*ENTRIES SHOWN:*
━━━━━━━━━━━━━━━━━━━━━━━━━━━━━━

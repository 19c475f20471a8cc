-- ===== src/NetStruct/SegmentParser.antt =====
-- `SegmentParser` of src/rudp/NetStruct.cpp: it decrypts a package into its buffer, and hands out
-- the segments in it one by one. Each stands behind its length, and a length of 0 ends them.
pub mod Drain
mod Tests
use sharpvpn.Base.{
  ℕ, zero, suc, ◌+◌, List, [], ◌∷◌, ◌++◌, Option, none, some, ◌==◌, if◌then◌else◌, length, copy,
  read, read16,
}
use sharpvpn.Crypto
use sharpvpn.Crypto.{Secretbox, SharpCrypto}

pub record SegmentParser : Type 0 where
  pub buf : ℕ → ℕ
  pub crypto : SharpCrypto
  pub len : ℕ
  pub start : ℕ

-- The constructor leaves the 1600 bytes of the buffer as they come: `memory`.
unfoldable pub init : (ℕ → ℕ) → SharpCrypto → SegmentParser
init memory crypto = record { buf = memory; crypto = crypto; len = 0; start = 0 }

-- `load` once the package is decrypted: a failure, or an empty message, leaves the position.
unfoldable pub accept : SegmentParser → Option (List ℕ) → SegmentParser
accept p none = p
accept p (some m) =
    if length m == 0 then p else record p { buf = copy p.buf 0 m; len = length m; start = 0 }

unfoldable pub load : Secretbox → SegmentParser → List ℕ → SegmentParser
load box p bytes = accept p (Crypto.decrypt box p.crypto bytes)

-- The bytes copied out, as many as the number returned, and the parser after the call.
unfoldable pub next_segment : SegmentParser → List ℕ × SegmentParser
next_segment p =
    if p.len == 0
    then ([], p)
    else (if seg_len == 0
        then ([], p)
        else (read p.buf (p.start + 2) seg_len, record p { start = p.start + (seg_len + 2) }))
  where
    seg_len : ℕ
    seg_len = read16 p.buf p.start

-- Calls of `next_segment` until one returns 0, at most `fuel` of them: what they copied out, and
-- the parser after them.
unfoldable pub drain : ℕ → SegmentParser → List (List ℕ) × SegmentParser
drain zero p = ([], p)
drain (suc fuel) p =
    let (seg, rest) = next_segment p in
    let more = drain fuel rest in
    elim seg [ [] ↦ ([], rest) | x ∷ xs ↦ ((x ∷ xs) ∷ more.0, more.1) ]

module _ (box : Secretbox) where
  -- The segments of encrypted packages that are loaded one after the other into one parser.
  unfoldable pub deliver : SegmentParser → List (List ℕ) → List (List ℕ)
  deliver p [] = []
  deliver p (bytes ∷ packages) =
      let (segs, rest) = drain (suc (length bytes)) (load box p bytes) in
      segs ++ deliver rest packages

━━━━━━━━━━━━━━━━━━━━━━━━━━━━━━

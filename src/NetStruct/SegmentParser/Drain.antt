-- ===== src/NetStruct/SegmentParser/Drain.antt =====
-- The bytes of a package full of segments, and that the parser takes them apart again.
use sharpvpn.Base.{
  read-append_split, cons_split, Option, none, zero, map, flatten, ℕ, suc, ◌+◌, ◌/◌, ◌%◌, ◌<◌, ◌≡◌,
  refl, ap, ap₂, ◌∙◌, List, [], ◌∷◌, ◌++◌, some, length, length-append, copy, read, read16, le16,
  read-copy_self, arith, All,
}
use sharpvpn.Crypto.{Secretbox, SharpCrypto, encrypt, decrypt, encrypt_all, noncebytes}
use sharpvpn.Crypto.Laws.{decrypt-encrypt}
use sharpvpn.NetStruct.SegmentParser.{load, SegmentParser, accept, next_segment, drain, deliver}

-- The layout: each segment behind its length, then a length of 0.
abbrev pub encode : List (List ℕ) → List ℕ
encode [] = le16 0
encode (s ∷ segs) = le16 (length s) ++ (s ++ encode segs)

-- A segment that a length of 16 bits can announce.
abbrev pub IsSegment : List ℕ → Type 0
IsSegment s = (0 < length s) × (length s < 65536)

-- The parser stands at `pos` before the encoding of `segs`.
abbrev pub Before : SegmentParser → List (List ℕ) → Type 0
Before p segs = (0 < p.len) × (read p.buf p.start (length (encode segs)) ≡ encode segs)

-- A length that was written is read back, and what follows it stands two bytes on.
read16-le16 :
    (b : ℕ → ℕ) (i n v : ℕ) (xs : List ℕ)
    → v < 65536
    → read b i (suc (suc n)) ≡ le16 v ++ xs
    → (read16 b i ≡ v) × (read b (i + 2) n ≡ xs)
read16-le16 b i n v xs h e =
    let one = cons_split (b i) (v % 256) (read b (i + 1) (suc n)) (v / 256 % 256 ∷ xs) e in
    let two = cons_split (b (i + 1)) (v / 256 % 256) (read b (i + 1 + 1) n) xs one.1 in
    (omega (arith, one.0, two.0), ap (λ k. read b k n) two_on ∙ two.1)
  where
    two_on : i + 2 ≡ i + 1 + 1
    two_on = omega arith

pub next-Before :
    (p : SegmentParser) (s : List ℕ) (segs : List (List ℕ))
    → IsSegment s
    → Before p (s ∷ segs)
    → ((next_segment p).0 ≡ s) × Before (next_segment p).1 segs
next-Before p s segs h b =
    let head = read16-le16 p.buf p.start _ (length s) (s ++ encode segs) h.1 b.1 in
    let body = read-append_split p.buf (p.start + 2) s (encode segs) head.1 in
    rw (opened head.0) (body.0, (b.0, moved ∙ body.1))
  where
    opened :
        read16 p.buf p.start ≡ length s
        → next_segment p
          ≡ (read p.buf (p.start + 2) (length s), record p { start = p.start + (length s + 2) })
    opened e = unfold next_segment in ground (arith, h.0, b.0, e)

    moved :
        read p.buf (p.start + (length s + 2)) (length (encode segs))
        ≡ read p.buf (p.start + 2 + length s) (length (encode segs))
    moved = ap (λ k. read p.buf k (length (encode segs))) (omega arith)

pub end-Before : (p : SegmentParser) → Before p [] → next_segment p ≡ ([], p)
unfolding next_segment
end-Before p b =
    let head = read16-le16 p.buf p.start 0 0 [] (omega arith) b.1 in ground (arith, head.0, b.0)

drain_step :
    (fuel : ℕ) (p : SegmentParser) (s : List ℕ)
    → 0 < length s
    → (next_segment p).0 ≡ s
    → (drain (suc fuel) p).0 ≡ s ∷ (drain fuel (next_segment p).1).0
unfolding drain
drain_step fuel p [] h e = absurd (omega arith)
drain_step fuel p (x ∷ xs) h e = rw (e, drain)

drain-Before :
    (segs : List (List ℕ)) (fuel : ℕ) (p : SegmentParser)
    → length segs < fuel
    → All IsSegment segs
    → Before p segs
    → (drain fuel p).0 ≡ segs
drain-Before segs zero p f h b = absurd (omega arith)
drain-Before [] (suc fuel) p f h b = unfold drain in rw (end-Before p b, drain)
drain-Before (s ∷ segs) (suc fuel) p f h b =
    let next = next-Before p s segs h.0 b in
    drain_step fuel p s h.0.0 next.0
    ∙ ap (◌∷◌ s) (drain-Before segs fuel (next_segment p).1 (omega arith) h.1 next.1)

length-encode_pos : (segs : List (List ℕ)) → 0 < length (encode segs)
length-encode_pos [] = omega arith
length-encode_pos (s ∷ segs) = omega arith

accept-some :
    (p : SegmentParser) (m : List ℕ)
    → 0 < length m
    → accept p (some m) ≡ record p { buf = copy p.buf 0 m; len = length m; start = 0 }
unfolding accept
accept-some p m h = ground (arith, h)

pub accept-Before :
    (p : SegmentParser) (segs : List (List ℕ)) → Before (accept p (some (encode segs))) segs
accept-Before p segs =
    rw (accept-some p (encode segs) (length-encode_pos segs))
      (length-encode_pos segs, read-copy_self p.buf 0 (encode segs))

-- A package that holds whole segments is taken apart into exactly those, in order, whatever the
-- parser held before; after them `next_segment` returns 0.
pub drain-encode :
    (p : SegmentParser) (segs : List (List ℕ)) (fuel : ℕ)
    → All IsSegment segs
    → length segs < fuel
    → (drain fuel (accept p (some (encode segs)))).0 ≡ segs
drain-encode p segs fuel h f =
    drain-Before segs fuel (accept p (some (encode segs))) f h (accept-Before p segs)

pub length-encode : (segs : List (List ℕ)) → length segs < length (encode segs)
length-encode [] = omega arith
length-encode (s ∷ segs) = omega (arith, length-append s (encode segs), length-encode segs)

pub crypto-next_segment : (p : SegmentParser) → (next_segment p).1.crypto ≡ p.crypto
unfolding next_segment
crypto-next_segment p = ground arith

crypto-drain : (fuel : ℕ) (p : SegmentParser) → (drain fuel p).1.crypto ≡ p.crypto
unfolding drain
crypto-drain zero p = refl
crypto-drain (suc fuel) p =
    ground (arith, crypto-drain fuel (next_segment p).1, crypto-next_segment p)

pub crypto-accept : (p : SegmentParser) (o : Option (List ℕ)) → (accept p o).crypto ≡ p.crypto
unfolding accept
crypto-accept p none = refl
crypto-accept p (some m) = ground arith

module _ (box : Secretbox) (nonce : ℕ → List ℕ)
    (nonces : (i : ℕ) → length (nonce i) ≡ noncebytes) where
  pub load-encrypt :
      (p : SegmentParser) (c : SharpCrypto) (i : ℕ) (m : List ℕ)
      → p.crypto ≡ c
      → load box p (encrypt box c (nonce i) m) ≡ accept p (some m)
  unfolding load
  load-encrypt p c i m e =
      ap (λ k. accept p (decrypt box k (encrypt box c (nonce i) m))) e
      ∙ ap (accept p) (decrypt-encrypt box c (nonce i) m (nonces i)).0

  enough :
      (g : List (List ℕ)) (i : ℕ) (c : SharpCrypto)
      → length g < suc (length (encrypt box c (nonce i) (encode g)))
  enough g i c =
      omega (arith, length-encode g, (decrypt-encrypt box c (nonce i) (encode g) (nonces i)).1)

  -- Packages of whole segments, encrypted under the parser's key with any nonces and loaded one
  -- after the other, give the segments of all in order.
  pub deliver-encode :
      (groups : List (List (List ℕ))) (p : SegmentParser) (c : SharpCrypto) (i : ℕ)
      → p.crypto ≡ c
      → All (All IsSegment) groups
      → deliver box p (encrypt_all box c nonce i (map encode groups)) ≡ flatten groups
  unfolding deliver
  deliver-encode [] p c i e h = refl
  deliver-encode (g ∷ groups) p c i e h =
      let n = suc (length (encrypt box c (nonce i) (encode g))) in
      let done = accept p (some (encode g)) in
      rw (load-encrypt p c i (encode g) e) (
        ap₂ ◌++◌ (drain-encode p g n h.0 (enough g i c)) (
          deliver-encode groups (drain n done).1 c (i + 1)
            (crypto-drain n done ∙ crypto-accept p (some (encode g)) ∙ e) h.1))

━━━━━━━━━━━━━━━━━━━━━━━━━━━━━━

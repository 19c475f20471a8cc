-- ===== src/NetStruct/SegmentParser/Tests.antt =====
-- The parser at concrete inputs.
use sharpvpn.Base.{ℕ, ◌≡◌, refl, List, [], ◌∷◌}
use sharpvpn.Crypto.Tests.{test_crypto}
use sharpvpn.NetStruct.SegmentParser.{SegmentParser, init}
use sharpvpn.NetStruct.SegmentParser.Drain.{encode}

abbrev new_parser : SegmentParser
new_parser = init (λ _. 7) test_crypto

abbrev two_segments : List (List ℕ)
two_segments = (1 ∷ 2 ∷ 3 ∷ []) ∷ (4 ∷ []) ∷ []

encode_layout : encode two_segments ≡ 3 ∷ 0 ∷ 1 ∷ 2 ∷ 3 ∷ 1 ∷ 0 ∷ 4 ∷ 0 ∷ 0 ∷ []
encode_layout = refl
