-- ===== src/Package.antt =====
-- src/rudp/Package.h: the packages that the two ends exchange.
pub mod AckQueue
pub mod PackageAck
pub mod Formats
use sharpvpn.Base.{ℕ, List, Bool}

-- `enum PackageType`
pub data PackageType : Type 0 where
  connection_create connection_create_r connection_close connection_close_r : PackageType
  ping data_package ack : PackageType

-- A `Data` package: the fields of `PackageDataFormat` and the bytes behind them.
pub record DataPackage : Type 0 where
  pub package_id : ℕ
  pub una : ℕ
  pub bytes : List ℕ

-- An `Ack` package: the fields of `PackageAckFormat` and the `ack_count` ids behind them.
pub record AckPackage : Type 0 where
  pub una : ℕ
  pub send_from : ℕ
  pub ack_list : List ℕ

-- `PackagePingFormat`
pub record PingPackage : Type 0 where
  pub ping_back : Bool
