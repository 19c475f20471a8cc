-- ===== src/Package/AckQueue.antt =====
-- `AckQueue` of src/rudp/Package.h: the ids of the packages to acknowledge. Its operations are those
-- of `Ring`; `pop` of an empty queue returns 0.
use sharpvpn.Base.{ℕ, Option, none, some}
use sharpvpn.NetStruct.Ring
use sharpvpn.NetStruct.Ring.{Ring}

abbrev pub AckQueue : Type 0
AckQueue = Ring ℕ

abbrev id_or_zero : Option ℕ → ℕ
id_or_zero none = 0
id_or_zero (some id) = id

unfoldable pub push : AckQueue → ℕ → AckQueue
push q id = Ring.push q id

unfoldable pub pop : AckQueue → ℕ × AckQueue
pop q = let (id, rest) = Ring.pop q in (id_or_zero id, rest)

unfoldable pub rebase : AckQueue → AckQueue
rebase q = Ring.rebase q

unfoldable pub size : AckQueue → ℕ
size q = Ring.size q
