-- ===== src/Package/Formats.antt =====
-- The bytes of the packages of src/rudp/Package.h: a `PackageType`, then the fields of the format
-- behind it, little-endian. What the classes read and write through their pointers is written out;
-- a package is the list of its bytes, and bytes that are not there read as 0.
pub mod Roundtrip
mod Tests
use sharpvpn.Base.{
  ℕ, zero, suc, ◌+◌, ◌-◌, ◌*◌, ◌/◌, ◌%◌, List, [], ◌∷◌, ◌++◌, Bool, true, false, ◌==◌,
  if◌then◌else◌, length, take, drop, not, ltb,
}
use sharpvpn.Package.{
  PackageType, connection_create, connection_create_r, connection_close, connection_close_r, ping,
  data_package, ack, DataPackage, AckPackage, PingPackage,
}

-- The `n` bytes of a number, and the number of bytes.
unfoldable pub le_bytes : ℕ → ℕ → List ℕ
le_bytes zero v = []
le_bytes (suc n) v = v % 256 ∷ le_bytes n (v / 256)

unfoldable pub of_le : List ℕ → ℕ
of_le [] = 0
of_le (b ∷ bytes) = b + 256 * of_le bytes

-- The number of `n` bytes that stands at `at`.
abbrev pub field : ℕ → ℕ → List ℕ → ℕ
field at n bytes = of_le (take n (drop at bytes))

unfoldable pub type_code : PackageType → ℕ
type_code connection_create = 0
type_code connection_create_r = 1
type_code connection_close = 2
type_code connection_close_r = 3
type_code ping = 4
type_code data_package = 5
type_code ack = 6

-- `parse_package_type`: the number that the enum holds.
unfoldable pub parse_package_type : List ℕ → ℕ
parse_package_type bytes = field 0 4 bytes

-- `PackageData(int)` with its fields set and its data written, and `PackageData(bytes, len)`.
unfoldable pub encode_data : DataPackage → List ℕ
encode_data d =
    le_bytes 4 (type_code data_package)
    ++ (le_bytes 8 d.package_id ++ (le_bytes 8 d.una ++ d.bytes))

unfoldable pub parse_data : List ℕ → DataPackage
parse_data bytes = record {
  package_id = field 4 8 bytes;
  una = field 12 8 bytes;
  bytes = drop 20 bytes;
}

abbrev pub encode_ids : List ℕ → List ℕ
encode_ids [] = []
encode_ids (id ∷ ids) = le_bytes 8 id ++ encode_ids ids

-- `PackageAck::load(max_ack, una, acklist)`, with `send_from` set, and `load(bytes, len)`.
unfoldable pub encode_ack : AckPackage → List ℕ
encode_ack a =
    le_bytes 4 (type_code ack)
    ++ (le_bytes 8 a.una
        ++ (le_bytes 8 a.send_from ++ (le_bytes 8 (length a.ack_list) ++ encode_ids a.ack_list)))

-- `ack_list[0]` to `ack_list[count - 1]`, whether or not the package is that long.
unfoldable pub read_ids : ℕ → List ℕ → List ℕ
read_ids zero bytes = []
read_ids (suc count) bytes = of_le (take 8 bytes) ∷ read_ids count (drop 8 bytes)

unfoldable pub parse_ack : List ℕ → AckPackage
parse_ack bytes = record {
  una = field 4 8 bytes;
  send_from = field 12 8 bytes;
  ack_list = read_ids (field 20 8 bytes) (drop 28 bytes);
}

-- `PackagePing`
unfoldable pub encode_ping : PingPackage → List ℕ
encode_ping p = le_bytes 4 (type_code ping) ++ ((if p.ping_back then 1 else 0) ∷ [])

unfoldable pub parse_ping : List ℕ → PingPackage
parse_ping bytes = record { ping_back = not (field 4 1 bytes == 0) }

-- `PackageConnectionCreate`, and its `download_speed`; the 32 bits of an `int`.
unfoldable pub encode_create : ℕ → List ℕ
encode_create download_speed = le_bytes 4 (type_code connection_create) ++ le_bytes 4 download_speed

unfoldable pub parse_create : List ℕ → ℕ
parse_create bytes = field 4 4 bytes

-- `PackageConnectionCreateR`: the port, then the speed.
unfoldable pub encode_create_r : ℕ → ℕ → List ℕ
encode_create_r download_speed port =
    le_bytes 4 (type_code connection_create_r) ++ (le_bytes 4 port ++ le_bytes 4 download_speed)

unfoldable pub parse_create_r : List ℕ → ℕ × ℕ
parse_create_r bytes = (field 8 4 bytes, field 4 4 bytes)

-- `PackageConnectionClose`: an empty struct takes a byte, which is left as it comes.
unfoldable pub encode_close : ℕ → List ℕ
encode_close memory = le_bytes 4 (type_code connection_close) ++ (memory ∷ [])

━━━━━━━━━━━━━━━━━━━━━━━━━━━━━━

*ASSIGNED TASK:*
Should a line in the material contain "flatten", copy it.

*FINISHED EXERCISE:*
  read-append_split, cons_split, Option, none, zero, map, flatten, ℕ, suc, ◌+◌, ◌/◌, ◌%◌, ◌<◌, ◌≡◌,
      → deliver box p (encrypt_all box c nonce i (map encode groups)) ≡ flatten groups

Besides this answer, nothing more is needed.